On March 10, Ping An Bank announced that after the close on March 11, the bank will adjust the margin ratio for SGE precious metals trading contracts in Au (T+D), mAu (T+D), and Ag (T+D) to 100%. Since November 2021, the bank has gradually suspended spot trading and deferred delivery of spot transactions, and starting April 1, 2026, it will gradually close related business permissions and exit this business as appropriate. For existing clients, the bank reminds them to log in to the “Jujinbao” app or visit branches before March 31 to close positions, sell inventory, transfer funds, or terminate business agreements.
On the same day, Beijing Rural Commercial Bank also announced that from March 11 (inclusive), due to system optimization, it will suspend gold savings withdrawals and SGE standard gold transactions; however, gold savings withdrawals for Caibai Phoenix Gold and New Year Gold Bars will not be affected.
On February 11, Postal Savings Bank of China announced that from now until March 13, 2026, at 0:00, it will cease acting as an agent for personal precious metals transactions at the SGE. Customers with open positions or inventory can independently sell or close positions via mobile banking until March 13, 2026, at 0:00. If operations are not completed by then, the bank will forcibly close positions or sell inventory after the market close on March 13.
On February 3, Industrial Bank announced that, due to business development needs, it will close the personal online banking channels for SGE precious metals trading after February 14, 2026. Transactions at branches and via mobile banking will remain open.
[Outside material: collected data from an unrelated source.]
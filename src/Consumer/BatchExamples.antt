-- ===== src/Consumer/BatchExamples.antt =====
-- A dispatch of two events on a network that loses nothing.
use control_architecture.Base.{String, ◌+◌, none, some, List, [], ◌∷◌, nat_eq}
use control_architecture.Contracts.Literals.{
  Rail, TaskStatus, BeneficiaryStatus, ApprovalStatus, OutboxStatus,
}
use control_architecture.Contracts.Events.{TaskLifecycleOutboxEvent, BaseTaskLifecycleOutboxEvent}
use control_architecture.Contracts.Envelopes.{Time}
use control_architecture.Context.Models.{TaskStatePatchRequest, OutboxClaimRequest}
use control_architecture.Context.Calls.{Operation}
use control_architecture.Consumer.Network.{Network, Delivery}
use control_architecture.Consumer.Examples.{new_payment, event_tokens}

-- A network that loses nothing, and the batch of the first claim.
abbrev reliable_network : Network
reliable_network = record { clock = λ k. k + 10; delivery = λ k. Delivery.delivered }

abbrev validation : TaskStatePatchRequest
validation = record {
  status = TaskStatus.validated;
  changed_by = "agent.worker";
  reason = none;
  approval_status = none;
  beneficiary_status = some BeneficiaryStatus.approved;
}

abbrev created_operations : List Operation
created_operations =
    Operation.create 1 event_tokens new_payment
    ∷ Operation.patch 2 (record event_tokens { event = "e2" }) "task_t1" validation
    ∷ []

abbrev first_claim : OutboxClaimRequest
first_claim = record { limit = 50; lease_seconds = 30 }

abbrev claimed_base : String → Time → BaseTaskLifecycleOutboxEvent
claimed_base id created_at = record {
  event_id = id;
  aggregate_type = "task";
  aggregate_id = "task_t1";
  status = OutboxStatus.in_progress;
  attempt_count = 1;
  last_error = none;
  claimed_at = some 10;
  processed_at = none;
  created_at = some created_at;
  updated_at = some 10;
}

abbrev first_batch : List TaskLifecycleOutboxEvent
first_batch =
    TaskLifecycleOutboxEvent.created (claimed_base "evt_e1" 1) (record {
      task_id = "task_t1";
      payment_id = "pay_p1";
      customer_id = "cust_1";
      rail = Rail.ach;
      amount_usd = 250000;
      provenance = new_payment.provenance;
      transition = record {
        from_status = none;
        to_status = TaskStatus.received;
        changed_by = "user.ops";
        reason = some "task created";
      };
    })
    ∷ TaskLifecycleOutboxEvent.state_changed (claimed_base "evt_e2" 2) (record {
      task_id = "task_t1";
      payment_id = "pay_p1";
      transition = record {
        from_status = some TaskStatus.received;
        to_status = TaskStatus.validated;
        changed_by = "agent.worker";
        reason = none;
      };
      task_snapshot = record {
        status = TaskStatus.validated;
        approval_status = ApprovalStatus.pending;
        beneficiary_status = BeneficiaryStatus.approved;
      };
    })
    ∷ []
In December last year, ICBC strengthened management of agency personal precious metals trading. For customers with no positions, no inventory, and no debts but with remaining funds in their margin accounts, starting December 19, 2022, the bank began bulk transferring the margin account balances to the linked settlement accounts and closed related business functions. CITIC Bank, from November 7, 2025, will also clear long-inactive accounts (with only available funds and no positions).
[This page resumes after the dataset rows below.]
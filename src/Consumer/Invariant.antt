-- ===== src/Consumer/Invariant.antt =====
-- What every operation of the context service keeps, a dispatch of the consumer keeps, whatever the
-- network loses (services/event-consumer/src/event_consumer/service.py).
use control_architecture.Base.{
  ℕ, String, List, [], ◌∷◌, refl, Result, ok, err, if_case, Keeps, still-Keeps, seq-Keeps,
}
use control_architecture.Contracts.Http.{HttpError}
use control_architecture.Contracts.Envelopes.{Time, ProvenanceSeed}
use control_architecture.Contracts.Events.{TaskLifecycleOutboxEvent, TaskLifecycleTransition}
use control_architecture.Context.Models.{Database}
use control_architecture.Context.Calls.{Operation, step}
use control_architecture.Context.Api.{Response, post_claim, post_complete, post_fail}
use control_architecture.Consumer.Service.{
  ClientError, event_id, project_event, attempt, settle, process_event, process_events,
  process_once,
}
use control_architecture.Consumer.Network.{
  World, Network, Delivery, exchange, request, clients, handle_claim, handle_complete, handle_fail,
  handle_provenance, handle_transition, claim_events, complete_event, fail_event,
  ensure_task_provenance, append_state_transition,
}

module _ (C : Database → Type 0) (keep : (o : Operation) (d : Database) → C d → C (step o d))
    (n : Network) where
  abbrev OnContext : World → Type 0
  OnContext w = C w.context

  exchange_keeps :
      {A : Type 0} (x : Delivery) (m : String) (handler : World → Result HttpError A × World)
      → ((w : World) → OnContext w → OnContext (handler w).1)
      → (w : World) → OnContext w
      → OnContext (exchange x m handler w).1
  exchange_keeps Delivery.delivered m handler k w h = k w h
  exchange_keeps Delivery.lost_request m handler k w h = h
  exchange_keeps Delivery.lost_response m handler k w h = k w h

  request-Keeps :
      {A : Type 0} (m : String) (handler : Time → World → Result HttpError A × World)
      → ((now : Time) (w : World) → OnContext w → OnContext (handler now w).1)
      → Keeps OnContext (request n m handler)
  unfolding request Keeps
  request-Keeps m handler k w h =
      exchange_keeps (n.delivery w.requests) m (handler (n.clock w.requests))
        (k (n.clock w.requests)) _ h

  claim-Keeps : (limit lease : ℕ) → Keeps OnContext (claim_events n limit lease)
  unfolding claim_events post_claim step
  claim-Keeps limit lease = request-Keeps _ (handle_claim limit lease) λ now w h.
      if_case (λ (out : Response (List TaskLifecycleOutboxEvent)). C out.1) _
        (keep (Operation.claim now limit lease) w.context h) h

  complete-Keeps : (id : String) → Keeps OnContext (complete_event n id)
  unfolding complete_event post_complete step
  complete-Keeps id =
      request-Keeps _ (handle_complete id) λ now w h. keep (Operation.complete now id) w.context h

  fail-Keeps : (id message : String) → Keeps OnContext (fail_event n id message)
  unfolding fail_event post_fail step
  fail-Keeps id message =
      request-Keeps _ (handle_fail id message)
        λ now w h. keep (Operation.fail now id message) w.context h

  provenance-Keeps :
      (id : String) (p : ProvenanceSeed) → Keeps OnContext (ensure_task_provenance n id p)
  unfolding ensure_task_provenance
  provenance-Keeps id p = request-Keeps _ (handle_provenance id p) λ now w h. h

  transition-Keeps :
      (id : String) (t : TaskLifecycleTransition) (s : String)
      → Keeps OnContext (append_state_transition n id t s)
  unfolding append_state_transition
  transition-Keeps id t s = request-Keeps _ (handle_transition id t s) λ now w h. h

  project-Keeps : (e : TaskLifecycleOutboxEvent) → Keeps OnContext (project_event (clients n) e)
  unfolding project_event
  project-Keeps (TaskLifecycleOutboxEvent.created b p) =
      seq-Keeps OnContext _ _ (provenance-Keeps p.task_id p.provenance)
        λ u. transition-Keeps p.task_id p.transition b.event_id
  project-Keeps (TaskLifecycleOutboxEvent.state_changed b p) =
      transition-Keeps p.task_id p.transition b.event_id

  attempt-Keeps : (e : TaskLifecycleOutboxEvent) → Keeps OnContext (attempt (clients n) e)
  unfolding attempt
  attempt-Keeps e = seq-Keeps OnContext _ _ (project-Keeps e) λ u. complete-Keeps (event_id e)

  settle-Keeps :
      (e : TaskLifecycleOutboxEvent) (r : Result ClientError (Unit {0}))
      → Keeps OnContext (settle (clients n) e r)
  unfolding settle
  settle-Keeps e (ok u) = still-Keeps OnContext _ (λ w. refl)
  settle-Keeps e (err x) =
      seq-Keeps OnContext _ _ (fail-Keeps (event_id e) x.message)
        λ u. still-Keeps OnContext _ (λ w. refl)

  process_event-Keeps :
      (e : TaskLifecycleOutboxEvent) → Keeps OnContext (process_event (clients n) e)
  unfolding process_event Keeps
  process_event-Keeps e w h =
      let (r, w') = attempt (clients n) e w in settle-Keeps e r w' (attempt-Keeps e w h)

  process_events-Keeps :
      (es : List TaskLifecycleOutboxEvent) → Keeps OnContext (process_events (clients n) es)
  unfolding process_events
  process_events-Keeps [] = still-Keeps OnContext _ (λ w. refl)
  process_events-Keeps (e ∷ es) = seq-Keeps OnContext _ _ (process_event-Keeps e) λ o.
      seq-Keeps OnContext _ _ (process_events-Keeps es) λ t. still-Keeps OnContext _ (λ w. refl)

  pub dispatch-Keeps : (limit lease : ℕ) → Keeps OnContext (process_once (clients n) limit lease)
  unfolding process_once
  dispatch-Keeps limit lease = seq-Keeps OnContext _ _ (claim-Keeps limit lease) λ es.
      seq-Keeps OnContext _ _ (process_events-Keeps es) λ t. still-Keeps OnContext _ (λ w. refl)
Xue Hongyan, a special researcher at the Shanghai Finance and Law Research Institute, told Securities Daily that the core drivers pushing the industry to tighten this business are the combined effects of market risk, business cost-effectiveness, and regulatory compliance requirements.
Regarding market risk, recent significant volatility in precious metals prices, coupled with relatively weak risk control capabilities among individual investors, has heightened the risk of margin calls in extreme market conditions. As a member of the SGE, banks bear the responsibility for clearing and settlement advances, with increasing risk exposure and dispute costs.
From a business value perspective, the commission income from agency precious metals trading is limited, yet banks must invest substantial resources in risk control and compliance management. After the implementation of new tax policies for gold trading in November 2025, banks face additional reporting obligations, further compressing profit margins and prompting reassessment of the business’s value.
Yang Haiping, a researcher at the Shanghai Financial and Legal Research Institute, told Securities Daily that given the current trend of gold prices, high volatility is expected to continue, making the withdrawal of banks from personal precious metals agency business at the SGE a long-term industry trend.
Xue Hongyan believes that future personal precious metals business will feature three main characteristics: a continuous reduction and eventual elimination of trading leverage; high margin requirements becoming the norm; a shift of focus from trading channels to asset allocation services, guiding investors toward rational long-term investment; and ongoing upgrades in customer suitability management with stricter risk assessments.